Facebook è cambiato molto in questi anni (vedi osservatorio per l’evoluzione numerica), ma il racconto dei media mainstream dei vissuti degli utenti è rimasto sempre sospeso tra pregiudizi e sensazionalismi. Per la prima volta i risultati di una ricerca finanziata dal MIUR e condotta da cinque Università italiane sfatano alcuni dei miti fondanti del racconto cui siamo stati abituati.
“Relazioni sociali ed identità in Rete: vissuti e narrazioni degli italiani nei siti di social network” è il primo progetto di ricerca qualitativa su larga scala sui social network in Italia basata su ben 120 interviste in profondità (il sito ufficiale).

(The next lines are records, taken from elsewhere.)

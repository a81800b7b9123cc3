-- ===== src/Worker/Tests.antt =====
-- Small databases for the worker's tests, and the theorems at them.
mod Runs
mod Passes
use nextballup.Prelude.{ℕ, Bool, true, false, Option, none, some, List, [], ◌∷◌, All, arith}
use nextballup.Core.Text.{codes}
use nextballup.Core.Enums.{
  VideoStatus, ProcessingJobStage, ProcessingJobStatus, ModelArtifactStatus,
}
use nextballup.Core.Errors.{ErrorCode}
use nextballup.Core.Json.{Fields}
use nextballup.Db.{Db, Video, ProcessingJob, CvModelArtifact}
use nextballup.Worker.Jobs.Invariant.{JobOk, JobsOk}
use nextballup.Worker.CvStages.{WorkerSettings}

abbrev pub film : Video
film = record {
  id = 1;
  game_id = 1;
  team_id = 1;
  uploaded_by = some 7;
  privacy_consent_id = none;
  filename = codes "film.mp4";
  content_type = codes "video/mp4";
  storage_key_raw = some (codes "raw/1");
  storage_key_mezzanine = none;
  storage_key_hls = none;
  status = VideoStatus.processing;
  file_size_bytes = some 100;
  duration_seconds = none;
  width = none;
  height = none;
  fps = none;
  codec = none;
  checksum_sha256 = none;
  storage_etag = none;
  storage_output_sha256 = none;
  upload_id = none;
  upload_expires_at = none;
  raw_retention_expires_at = none;
  raw_delete_requested_at = none;
  raw_delete_failed_at = none;
  raw_storage_deleted_at = none;
  raw_deleted_at = none;
  raw_delete_reason = none;
  demo_preview_storage_key = none;
}

-- A transcode that task 9 runs, with a heartbeat at 90.
abbrev pub running_job : ProcessingJob
running_job = record {
  id = 5;
  video_id = 1;
  team_id = 1;
  stage = ProcessingJobStage.transcode;
  status = ProcessingJobStatus.running;
  progress_percent = 50;
  celery_task_id = some 9;
  started_at = some 80;
  completed_at = none;
  error_message = none;
  result_metadata = none;
  heartbeat_at = some 90;
  created_at = 70;
}

abbrev pub failed_job : ProcessingJob
failed_job = record running_job {
  id = 6;
  video_id = 2;
  status = ProcessingJobStatus.failed;
  completed_at = some 85;
  error_message = some (codes "[INTERNAL_ERROR] lost");
}

abbrev pub waiting_job : ProcessingJob
waiting_job = record running_job {
  id = 8;
  video_id = 3;
  status = ProcessingJobStatus.pending;
  progress_percent = 0;
  celery_task_id = none;
  started_at = none;
  heartbeat_at = none;
}

abbrev pub artifact_of : ℕ → ℕ → CvModelArtifact
artifact_of id tier = record {
  id = id;
  stage = ProcessingJobStage.detection;
  status = ModelArtifactStatus.active;
  commercial_use_allowed = true;
  min_plan_tier = tier;
  created_at = 10;
}

abbrev pub store : Db
store = record {
  videos = film ∷ [];
  jobs = running_job ∷ failed_job ∷ waiting_job ∷ [];
  artifacts = artifact_of 1 0 ∷ artifact_of 2 1 ∷ artifact_of 3 3 ∷ [];
  games = [];
  events = [];
  plans = [];
  accounts = [];
  links = [];
  subscriptions = [];
  usage = [];
  users = [];
  teams = [];
  memberships = [];
  invites = [];
  consents = [];
  password_reset_tokens = [];
  totp_secrets = [];
  recovery_codes = [];
  refresh_sessions = [];
  audits = [];
  now = 100;
}

abbrev pub settings : WorkerSettings
settings = record {
  raw_video_retention_days = 30;
  cv_pipeline_enabled = true;
  cv_require_model_artifacts = false;
  cv_model_artifact_required_stages = [];
}

-- Other sessions that commit nothing.
abbrev pub alone : ℕ → Db → Db
alone _ db = db

pub store-JobsOk : JobsOk store
store-JobsOk = (ground arith, (ground arith, (ground arith, tt)))
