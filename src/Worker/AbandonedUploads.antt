-- ===== src/Worker/AbandonedUploads.antt =====
-- apps/worker/src/nextballup_worker/runtime/cleanup.py: `cleanup_abandoned_uploads`. What it asks of
-- the store is best effort and leaves no trace. `elsewhere` is what other sessions commit between the
-- SELECT and each row's transaction.
pub mod Late
use Prim.Native.String.{String}
use nextballup.Prelude.{
  if◌then◌else◌, ℕ, ◌+◌, Bool, true, false, ◌&&◌, Option, none, some, List, [], ◌∷◌, ◌==◌, ltb,
  is_some, filter_where, update_where,
}
use nextballup.Core.Enums.{VideoStatus, status_eq}
use nextballup.Core.Errors.{AuditAction}
use nextballup.Core.Json.{Json, Fields, num_or_null}
use nextballup.Db.{Db, Video, AuditLog, write_audit}
use nextballup.Worker.Jobs.{update_videos}
use nextballup.Api.Billing.{release_video_upload_quota_reservation}

-- `upload_expires_at < now - grace`, where NULL compares to nothing.
unfoldable pub is_abandoned : ℕ → ℕ → Video → Bool
is_abandoned grace_seconds now v =
    status_eq v.status VideoStatus.pending_upload
    && elim v.upload_expires_at [ none ↦ false | some at ↦ ltb (at + grace_seconds) now ]

abbrev upload_abandoned : Video → AuditLog
upload_abandoned video = record {
  action = AuditAction.video_upload_abandoned;
  actor_user_id = none;
  resource_type = "video";
  resource_id = some video.id;
  team_id = some video.team_id;
  extra =
      Fields.field "upload_expires_at" (num_or_null video.upload_expires_at)
        (Fields.field "had_upload_id" (Json.flag (is_some video.upload_id)) Fields.end);
}

abbrev cleared_upload : Video → Video
cleared_upload v = record v {
  status = VideoStatus.failed;
  upload_id = none;
  upload_expires_at = none;
}

-- The session writes the UPDATE through to the row in memory, on what that row says.
abbrev written_through : Video → Video
written_through video =
    if status_eq video.status VideoStatus.pending_upload then cleared_upload video else video

-- The body of the loop, on the row as the SELECT read it. The UPDATE's result is not looked at.
unfoldable pub abandon_video : Video → Db → Db
unfolding update_videos release_video_upload_quota_reservation write_audit
abandon_video video db =
    let failed =
      (update_videos (λ v. v.id == video.id && status_eq v.status VideoStatus.pending_upload)
        cleared_upload db).1 in
    write_audit (upload_abandoned (written_through video))
      (release_video_upload_quota_reservation video.team_id video.id "abandoned_upload_cleanup"
        failed).1

unfoldable pub abandon_videos : (ℕ → Db → Db) → List Video → Db → List ℕ × Db
unfolding abandon_video
abandon_videos elsewhere [] db = ([], db)
abandon_videos elsewhere (video ∷ videos) db =
    let rest = abandon_videos elsewhere videos (abandon_video video (elsewhere video.id db)) in
    (video.id ∷ rest.0, rest.1)

unfoldable pub cleanup_abandoned_uploads : (ℕ → Db → Db) → ℕ → Db → List ℕ × Db
unfolding abandon_videos is_abandoned filter_where
cleanup_abandoned_uploads elsewhere grace_seconds db =
    abandon_videos elsewhere (filter_where (is_abandoned grace_seconds db.now) db.videos) db
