-- ===== src/Worker/AbandonedUploads/Late.antt =====
-- cleanup.py and billing.py: an upload that is completed while the cleanup is on its way to it.
use nextballup.Prelude.{◌≡◌, refl, false, ◌&&◌, none, some, ◌==◌, find_where, update_where_none}
use nextballup.Prelude.Int.{negsuc, ◌+ℤ◌}
use nextballup.Core.Enums.{VideoStatus, status_eq}
use nextballup.Db.{Db, Video, write_audit}
use nextballup.Worker.Jobs.{update_videos}
use nextballup.Api.Billing.{
  TeamPlanContext, resolve_team_plan, net_reserved, is_spent, release_from, record_usage,
}
use nextballup.Api.Billing.Usage.{net_reserved-release, release-resolved}
use nextballup.Worker.AbandonedUploads.{abandon_video}

-- The cleanup takes one unit off the video's reservation even if the row is no upload any more: when the
-- video has left the pending status since the SELECT, its row stays as it is, but a reservation that is
-- still open, on the account of its team's plan, is lowered by one.
pub abandon_video_late :
    (video : Video) (db : Db) {ctx : TeamPlanContext}
    → find_where (λ v. v.id == video.id && status_eq v.status VideoStatus.pending_upload) db.videos
      ≡ none
    → resolve_team_plan video.team_id db ≡ some ctx
    → is_spent (net_reserved ctx.account_id video.team_id video.id db) ≡ false
    → let after = abandon_video video db in
      (after.videos ≡ db.videos)
      × (net_reserved ctx.account_id video.team_id video.id after
          ≡ negsuc 0 +ℤ net_reserved ctx.account_id video.team_id video.id db)
unfolding abandon_video update_videos write_audit release_from record_usage net_reserved
abandon_video_late video db {ctx} gone resolved reserved =
    let same =
      update_where_none (λ v. v.id == video.id && status_eq v.status VideoStatus.pending_upload)
        (λ v. record v { status = VideoStatus.failed; upload_id = none; upload_expires_at = none })
        db.videos gone in
    rw
      (
        same,
        release-resolved video.team_id video.id "abandoned_upload_cleanup" db resolved,
        reserved,
      )
      (
        refl,
        net_reserved-release ctx.account_id video.team_id video.id "abandoned_upload_cleanup" db,
      )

Ne vien fuori una maturità degli italiani nell’imparare a cogliere le opportunità offerte da Facebook: quello di essere uno spazio di riflessività connessa sul senso dell’amicizia e sul valore dei legami sociali, sulla necessità di preservare la propria sfera privata e l’opportunità di raccontarsi consapevolmente in pubblico.
Ecco alcuni dei luoghi comuni che vengono sfatati:
– “Chi sta su Facebook rinuncia alla privacy”: gli intervistati, giovani e adulti, dimostrano di conoscere i rischi legati alla condivisione di informazioni private, ma li percepiscono come distanti dai loro vissuti quotidiani. Hanno imparato a gestire strategicamente la propria identità privata in pubblico, utilizzando secondo i propri fini mutevoli le leve che la piattaforma consente (nell’immagine i differenti approcci alla privacy delle varie generazioni);
– “Stare su Facebook è il pretesto per pubblicare ogni cosa”: gli italiani sentiti dichiarano di essere molto attenti ai contenuti postati e condivisi arrivando anche ad auto censurarsi per agire in un modo ritenuto corretto per un ambiente non anonimo e semi‐pubblico come Facebook. Le persone imparano guardando se stessi, ma anche i comportamenti degli altri in rete;
– “Facebook è un luogo di simulazione della vita”: emerge chiaramente che il social network non viene visto come luogo di simulazione anonima e sganciato dalla realtà quotidiana, ma complementare e funzionale a presentarsi in accordo all’immagine che esprime meglio l’idea che uno ha di sé.
Per capire questi nuove pratiche può essere utile un quadrante che nasce dall’incrocio di self presentation (attitudine ad una presentazione di sé orientata all’inclusione o all’esclusione comunicativa) e social connections (alta o bassa eterogeneità dei legami sociali).
Ora sta a noi fare tesoro di queste evidenze per (contro)raccontare una rete che è cambiata, con buona pace di quanti vorrebbero ancora dipingerla come un mondo virtuale e pericoloso.